Stop This Man! by Peter Rabe

but by then Catell was half a block away. He got to Burbank three hours later.

Catell paid the taxi and walked up to the dark machine shop. At the back a hair of light was visible through a scratch in one of the painted windows. There were two cars at the side. One was a fish-tail convertible; the other was the getaway car.

The guy that stopped Catell inside the shop recognized him and let him pass. Catell walked past the machines, through the windowless room, and opened the door to the inner office without knocking.

“—is a funny sort of timing, Topper,” Smith was saying.

“But I saw them, Mr. Smith. I saw them—” And then Catell stepped inside the room.

Smith, leaning back in his chair, rolled the cigar around in his mouth. He looked at Catell, never changing his expression. It was calm, level, and just slightly interested. But Topper jumped.

“Why, you—how—” Controlling himself, he took a deep breath and said, “I see you made it, Catell.”

“Yeah.”

“How—what I mean is, did they follow you? Did you come alone?”

“Alone. Except for you, Topper.”

“You trying to be funny, Blue Lips?” Topper got up slowly, his eyes slits and his neck swelling over the white collar.

“Not funny, Topper. Serious.”

And while Smith sat in his chair, hands folded over his paunch, Catell’s hand whipped out, grazing Topper’s drawn lips. Topper had caught the jab with a fast block, and that was his mistake. With his full weight behind the punch, Catell, pivoting a half turn, rammed his other fist into Topper’s stomach. The man doubled over, gasping, when Catell fired a roundhouse at the contorted face. Something cracked, and through split lips three front teeth jagged out.

Topper crashed sideways across the desk, pushing phones and papers to the floor. Smith got up and stepped back. He was holding the cigar between his teeth.

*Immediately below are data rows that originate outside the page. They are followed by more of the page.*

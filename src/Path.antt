-- ===== src/Path.antt =====
-- `skipelem` of fs.c and the loop of `namex` over the elements of a path. A path is the list of its
-- bytes before the zero byte; an element is what the name buffer of DIRSIZ bytes holds.
pub mod Elements
mod Examples
use chameleon_os.Base.{
  ℕ, zero, suc, Bool, true, false, Option, none, some, List, [], ◌∷◌, ◌==◌, if◌then◌else◌, take,
}

abbrev pub dirsiz : ℕ
dirsiz = 14

-- `while(*path == '/') path++;`
unfoldable pub skip_slashes : List ℕ → List ℕ
skip_slashes [] = []
skip_slashes (c ∷ cs) = let rest = skip_slashes cs in if c == b'/' then rest else c ∷ cs

-- `while(*path != '/' && *path != 0) path++;`: the bytes passed over, and the rest.
unfoldable pub span : List ℕ → List ℕ × List ℕ
span [] = ([], [])
span (c ∷ cs) = let (e, rest) = span cs in if c == b'/' then ([], c ∷ cs) else (c ∷ e, rest)

-- `name` and the path that is returned; none for 0. Both `memmove`s leave the first DIRSIZ bytes of
-- the element, with a zero byte behind them if there is room.
unfoldable pub skipelem : List ℕ → Option (List ℕ × List ℕ)
unfolding skip_slashes span
skipelem path = elim (skip_slashes path) [
  | [] ↦ none
  | c ∷ cs ↦ let (e, rest) = span (c ∷ cs) in some (take dirsiz e, skip_slashes rest)
]

-- The names that `while((path = skipelem(path, name)) != 0)` goes through; the fuel bounds its
-- rounds.
pub elements : ℕ → List ℕ → List (List ℕ)
unfolding skipelem
elements zero path = []
elements (suc n) path = elim (skipelem path) [
  | none ↦ []
  | some (name, rest) ↦ name ∷ elements n rest
]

When Topper kicked his leg out, catching Catell on the chest, he tried to follow the kick with a fast turn that would bring him back to his feet. But Catell stepped back and pulled. Holding on to Topper’s foot, he twisted and pushed. Topper slammed to the floor, screaming, one leg doubled over at a crazy angle. Then Catell knelt down over his chest.

Two minutes later he got up, leaving the ruined man curled on the floor.

“Do you carry a gun, Catell?” Smith came out from behind the desk; flicking some ashes on the floor.

“It belongs to Topper.”

“Give it to me.” Smith put out his hand.

Catell handed over the gun. Smith took it by the grip, and without seeming to aim he pulled the trigger. Three close shots crashed out and Topper twitched once, twice. Then he lay still.

“Too bad about Topper,” Smith said. “Valuable man.”

Then he walked around the puddle of blood on the floor. He pulled open a desk drawer and handed Catell two bills.

“Here’s your thousand. Got a way home?”

“No.”

“Take the limousine. And call me in a day or two.”

“So long.”

“See you, Catell.”

That night Catell didn’t go back to the Turtle’s room. He drove to Westwood and parked the car a few blocks from Lily’s apartment.

She opened the door for him, smiling a little. He could feel her warm body through the thin robe she was wearing. Walking to the bedroom with her, he could hear the fever pounding in his ears. A hysterical tension trembled through his body, making objects change shape before his eyes, plucking at his muscles.

They sat on the bed, and then his head sank into her lap. She hummed to him while he moaned into the cloth of her robe.

Chapter Fourteen

“I see nothing but gloom,” Smiley said. “I see gloom turning the corner, bearing poisonous grub.”

The police guard came up to the cell. Balancing a tray in one hand, he started to fumble with his keys with the other.

“Lemme give you a helping hand, Inspector. You hold the tray and I’ll just—”

“Keep your hands off, Short Stuff! Maybe you think I’m stupid or something?”

“You’re gettin’ warm, Pop. You’re gettin’ real warm.”

The guard stepped back and put the tray on the floor. When he raised himself, the exertion had turned his bald head a shiny purple, and he puffed air through his white mustache.

“Nature is cruel,” Swensen said from the back of the cell. “Look at all that gorgeous hair under his nose, and nothing but bare rocks on top.”

“You guys don’t shut up I’ll take the food back,” said the guard.

“And eat it yourself?” Smiley asked.